BERLIN, GERMANY - JULY 27: An activist wears pictures of whistleblowers Edward Snowden and Bradley Manning during a demonstration against the electonic surveillance tactics of the NSA on July 27, 2013 in Berlin, Germany. The NSA scandal has been especially contentious in Germany after media reports claimed the NSA had conducted wide scale gathering of electonic data, including e-mails, of German citizens. Activists are demonstrating against the NSA in cities across Germany today. (Photo by Sean Gallup/Getty Images)
An activist wears pictures of Edward Snowden and Bradley Manning during protest in Berlin on July 27, 2013. Photo: Sean Gallup/2013 Getty Images

With the exception of that 60 Minutes puff piece, December has not been kind to the NSA. First major tech companies banded together to call for surveillance reforms, then a federal judge ruled that the NSA’s cell-phone metadata collection violates the Fourth Amendment, and on Wednesday the panel President Obama appointed in August to review surveillance operations issued a surprisingly critical report on the NSA. Among the panel’s 46 recommendations was a call to significantly rein in the first program exposed by Edward Snowden: the bulk collection of phone records. “The government should not be permitted to collect and store all mass, undigested, nonpublic personal information about individuals to enable future queries and data mining for foreign-intelligence purposes,” says the report.

The panel didn’t call for a ban on the search of phone records, but said the data should be stored by telecommunication companies, or perhaps in private consortium. The government would be required to obtain a court order for specific customer information when it wants to search the data.

The report calls for reform of the FISA court that makes those rulings, saying all Supreme Court justices – not just Chief Justice John Roberts – should have a say in selecting judges for the court, and backing the creation of a “public interest advocate to represent the interests of privacy and civil liberties” in classified rulings. Other proposals include allowing Internet companies to release “general information” about government orders to turn over data, and extending the protections that Americans have under the Privacy Act of 1974 to foreigners.

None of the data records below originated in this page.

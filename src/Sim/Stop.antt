-- ===== src/Sim/Stop.antt =====
-- The stop of a simulation with a script that answers properly, and PUser read back.
use profi_lua.Base.{
  ℕ, zero, suc, ◌-◌, ◌+◌, ◌≤◌, ◌<◌, ◌≡◌, ◌∙◌, refl, ap, fun_ext, true, false, none, some, List, ◌∷◌,
  if◌then◌else◌, arith, Run, ok, Bool-cases, inl, inr, pos,
}
use profi_lua.Lua.{Lua, Value, Number, int}
use profi_lua.Lua.Stack.{Pushed, value, new_table}
use profi_lua.Sim.State.{Name, Script, Sim, ConsoleCall}
use profi_lua.Sim.Vm.{number_of}
use profi_lua.Sim.Script.{change, close_lua_script}
use profi_lua.Sim.Outputs.{read_user}
use profi_lua.Sim.Calculate.{c_sim_stop, stop_script}
use profi_lua.Sim.Results.{updated, updated-zero, updated-hit, vm, within}
use profi_lua.Sim.Step.{inputs_of, push_inputs-inputs_of}

module _ {W : Type 0} (lua : Lua) (script : Script W) (t : ℕ) (w : W) where
  -- The entry for PUser[i]. Lua counts from 1.
  abbrev pub user_entry : ℕ → Pushed
  user_entry i = value (script.entry t (suc i) w)

  -- PUser from the index `i` on gets the numbers of the table.
  abbrev pub new_user : (i count : ℕ) → (ℕ → Number) → ℕ → Number
  new_user i count = updated (λ n. n) (λ _. true) (λ m. number_of lua (user_entry m)) i count

  same_user :
      (s : Sim W) {u u' : ℕ → Number}
      → ((m : ℕ) → u m ≡ u' m)
      → Path
          (Run (Sim W) (Unit {0}))
          (ok tt (record s { user = u }))
          (ok tt (record s { user = u' }))
  same_user s e = ap (λ f. ok tt (record s { user = f })) (fun_ext e)

  read_user-new_user :
      (count i : ℕ) (s : Sim W) (rest : List Pushed)
      → s.lua ≡ vm lua script t w rest
      → ((m : ℕ) → i ≤ m → m < i + count → (n : Number) × (number_of lua (user_entry m) ≡ some n))
      → read_user lua script count i s ≡ ok tt (record s { user = new_user i count s.user })
  unfolding read_user
  read_user-new_user zero i s rest is_open numbers =
      same_user s (updated-zero (λ n. n) (λ _. true) (λ m. number_of lua (user_entry m)) i s.user)
  read_user-new_user (suc count) i s rest is_open numbers =
      let (n, f) = numbers i (omega arith) (omega arith) in
      rw (is_open, f)
        (read_user-new_user count (suc i)
            (record s { lua = vm lua script t w rest; user = change s.user i n }) rest refl
            (λ m from to. numbers m (omega arith) (omega arith))
          ∙ same_user (record s { lua = vm lua script t w rest })
              (λ m.
                updated-hit (λ n. n) (λ _. true) (λ m. number_of lua (user_entry m)) i count s.user
                  n m refl f))

  pub new_user-number :
      (user : ℕ → Number) (i : ℕ)
      → i < 100
      → (n : Number) × (number_of lua (user_entry i) ≡ some n)
      → number_of lua (user_entry i) ≡ some (new_user 0 100 user i)
  new_user-number user i to (n, f) =
      let inside : within 0 100 i ≡ true = ground arith in rw (f, inside)

module _ {W : Type 0} where
  -- A proper answer at the stop, of a script in the state `w`: `gSimStop` is a function that takes
  -- the inputs, and then `gPUser` is a table with a number for each of its first 100 indices.
  pub record Stops (lua : Lua) (script : Script W) (s : Sim W) (input : ℕ → Number) (w : W)
      : Type 0 where
    pub function : ℕ
    pub result : Value
    pub world : W
    pub table : ℕ
    pub defined : script.global Name.sim_stop w ≡ Value.function function
    pub answer :
        script.call function
          (new_table (inputs_of s.in_marker (λ i. int (pos 0)) input (s.num_inputs - 1) 1))
          w
        ≡ some (result, world)
    pub user_table : script.global Name.user_table world ≡ Value.table table
    pub numbers :
        (i : ℕ)
        → i < 100
        → (n : Number) × (number_of lua (user_entry lua script table world i) ≡ some n)

  -- What CSimStop does with the console.
  abbrev pub closed : Sim W → Sim W
  closed s =
      if s.console
      then record s {
        windows = ConsoleCall.turned_off ∷ s.windows;
        console = false;
        console_top = 0;
      }
      else s

  -- The console is closed after it, and only the console changes.
  pub record IsClosed (s z : Sim W) : Type 0 where
    pub console_top : ℕ
    pub windows : List ConsoleCall
    pub state : z ≡ record s { console = false; console_top = console_top; windows = windows }

  pub closed-IsClosed : (s : Sim W) → IsClosed s (closed s)
  closed-IsClosed s = elim (Bool-cases s.console) [
    | inl t ↦
        rw t
          (record { console_top = 0; windows = ConsoleCall.turned_off ∷ s.windows; state = refl })
    | inr f ↦ rw f (record { console_top = s.console_top; windows = s.windows; state = refl })
  ]

  -- `CSimStop` of a simulation without an error, when the script's `gSimStop` is a function that
  -- takes the table of inputs, and its `gPUser` then is a table of at least 100 numbers: PUser[0] to
  -- PUser[99] get these numbers, the script is closed, what it leaves behind is kept, and the console is
  -- closed if it is open. There are at most 100 inputs, and at least the console input.
  pub c_sim_stop-closed :
      (lua : Lua) (script : Script W) (s : Sim W) (input : ℕ → Number) (stack : List Pushed) (w : W)
      → s.error ≡ false
      → s.lua ≡ some (record { stack = stack; world = w })
      → 1 ≤ s.num_inputs
      → s.num_inputs ≤ 100
      → (a : Stops lua script s input w)
      → c_sim_stop lua script input s
        ≡ ok tt (
            closed (record s {
              lua = none;
              idle = script.close_lua a.world;
              user = new_user lua script a.table a.world 0 100 s.user;
            }))
  unfolding c_sim_stop stop_script close_lua_script
  c_sim_stop-closed lua script s input stack w no_error is_open some_in few_in a =
      rw
        (
          no_error,
          is_open,
          a.defined,
          push_inputs-inputs_of (λ i. int (pos 0)) input
              (record s {
                error = false;
                lua =
                    some (record { stack = value (Value.function a.function) ∷ stack; world = w });
              })
              (record { stack = value (Value.function a.function) ∷ stack; world = w }) refl some_in
              few_in,
          a.answer,
          a.user_table,
          read_user-new_user lua script a.table a.world 100 0
              (record s { error = false; lua = vm lua script a.table a.world stack }) stack refl
              (λ m from to. a.numbers m (omega arith)),
        )
        (elim (Bool-cases s.console) [ inl t ↦ rw t | inr f ↦ rw f ])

Despite the long list of reforms, Michael Morell, the former deputy director of the CIA who was part of the five-person panel, said, “We are not in any way recommending the disarming of the intelligence community.”

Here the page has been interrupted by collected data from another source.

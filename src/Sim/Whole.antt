-- ===== src/Sim/Whole.antt =====
-- Whole simulations with a script that keeps its promises: CSimStart, steps and CSimStop.
pub mod Shown
pub mod Live
pub mod Complete
pub mod Lifecycle
mod Examples
use profi_lua.Base.{ℕ, ◌-◌, ◌+◌, ◌≤◌, ◌<◌, ◌≡◌, some, List, Bool, false}
use profi_lua.Lua.{Lua, Value, Number}
use profi_lua.Lua.Stack.{value, new_table}
use profi_lua.Sim.State.{Name, Script}
use profi_lua.Sim.Vm.{number_of}
use profi_lua.Sim.Results.{Fits}
use profi_lua.Sim.Stop.{user_entry}
use profi_lua.Sim.Names.{Names, marks}

module _ {W : Type 0} (lua : Lua) (script : Script W) where
  -- `gSimStart` is a function that, called in the state `w`, returns a table with a number for each
  -- output that has no mark.
  pub record StartsIn (P : W → Type 0) (marked : ℕ → Bool) (count : ℕ) (w : W)
      (entries : List (Value × Value)) : Type 0 where
    pub function : ℕ
    pub table : ℕ
    pub world : W
    pub defined : script.global Name.sim_start w ≡ Value.function function
    pub answer : script.call function (new_table entries) w ≡ some (Value.table table, world)
    pub keeps : P world
    pub numbers :
        (m : ℕ)
        → 1 ≤ m
        → m < 1 + (count - 1)
        → marked m ≡ false
        → (n : Number) × (number_of lua (value (script.entry table m world)) ≡ some n)

  -- The same of `gCalculate`, with a string for each output that has a mark.
  pub record StepsIn (P : W → Type 0) (marked : ℕ → Bool) (count : ℕ) (w : W)
      (entries : List (Value × Value)) : Type 0 where
    pub function : ℕ
    pub table : ℕ
    pub world : W
    pub defined : script.global Name.calculate w ≡ Value.function function
    pub answer : script.call function (new_table entries) w ≡ some (Value.table table, world)
    pub keeps : P world
    pub fits : (m : ℕ) → 1 ≤ m → m < 1 + (count - 1) → Fits lua script table world (marked m) m

  -- `gSimStop` is a function, after it `gPUser` is a table of numbers, and what is left when the
  -- script is closed has `I`.
  pub record StopsIn (I : W → Type 0) (w : W) (entries : List (Value × Value)) : Type 0 where
    pub function : ℕ
    pub result : Value
    pub world : W
    pub table : ℕ
    pub defined : script.global Name.sim_stop w ≡ Value.function function
    pub answer : script.call function (new_table entries) w ≡ some (result, world)
    pub leaves : I (script.close_lua world)
    pub user_table : script.global Name.user_table world ≡ Value.table table
    pub numbers :
        (i : ℕ)
        → i < 100
        → (n : Number) × (number_of lua (user_entry lua script table world i) ≡ some n)

  -- The promises of a script, for any inputs: opened after anything with `I`, it names its pins and
  -- starts properly, and its functions answer properly in every state with `P`, which they keep.
  -- What is left when it is closed, after a name or the stop, has `I`.
  pub record Proper (I P : W → Type 0) (file num_inputs num_outputs : ℕ) : Type 0 where
    pub in_text : ℕ → List ℕ
    pub out_text : ℕ → List ℕ
    pub in_names : Names lua script I Name.input_name file num_inputs in_text
    pub out_names : Names lua script I Name.output_name file num_outputs out_text
    pub starts :
        (user : List Number) (entries : List (Value × Value)) (idle : W)
        → I idle
        → (opened : W) × (script.open_lua idle ≡ some opened)
          × StartsIn P
              (marks out_text num_outputs)
              num_outputs
              (script.set_user user (script.run_file file opened).1)
              entries
    pub steps :
        (w : W) (entries : List (Value × Value))
        → P w
        → StepsIn P (marks out_text num_outputs) num_outputs w entries
    pub stops : (w : W) (entries : List (Value × Value)) → P w → StopsIn I w entries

The recommendations are not binding, and the president has already rejected the panel’s suggestion that the next NSA director should be a civilian, with the military’s Cyber Command getting its own leader. Obama has suggested that he won’t split the position, and intends to put another military official in charge of the NSA when General Keith Alexander retires in a few months.

A senior administration official told the New York Times that Obama is “open to many” of the changes, but he hasn’t decided which he’ll implement. The president is expected to study the recommendations during his vacation in Hawaii this week, and announce the changes he wants to see at the NSA in January.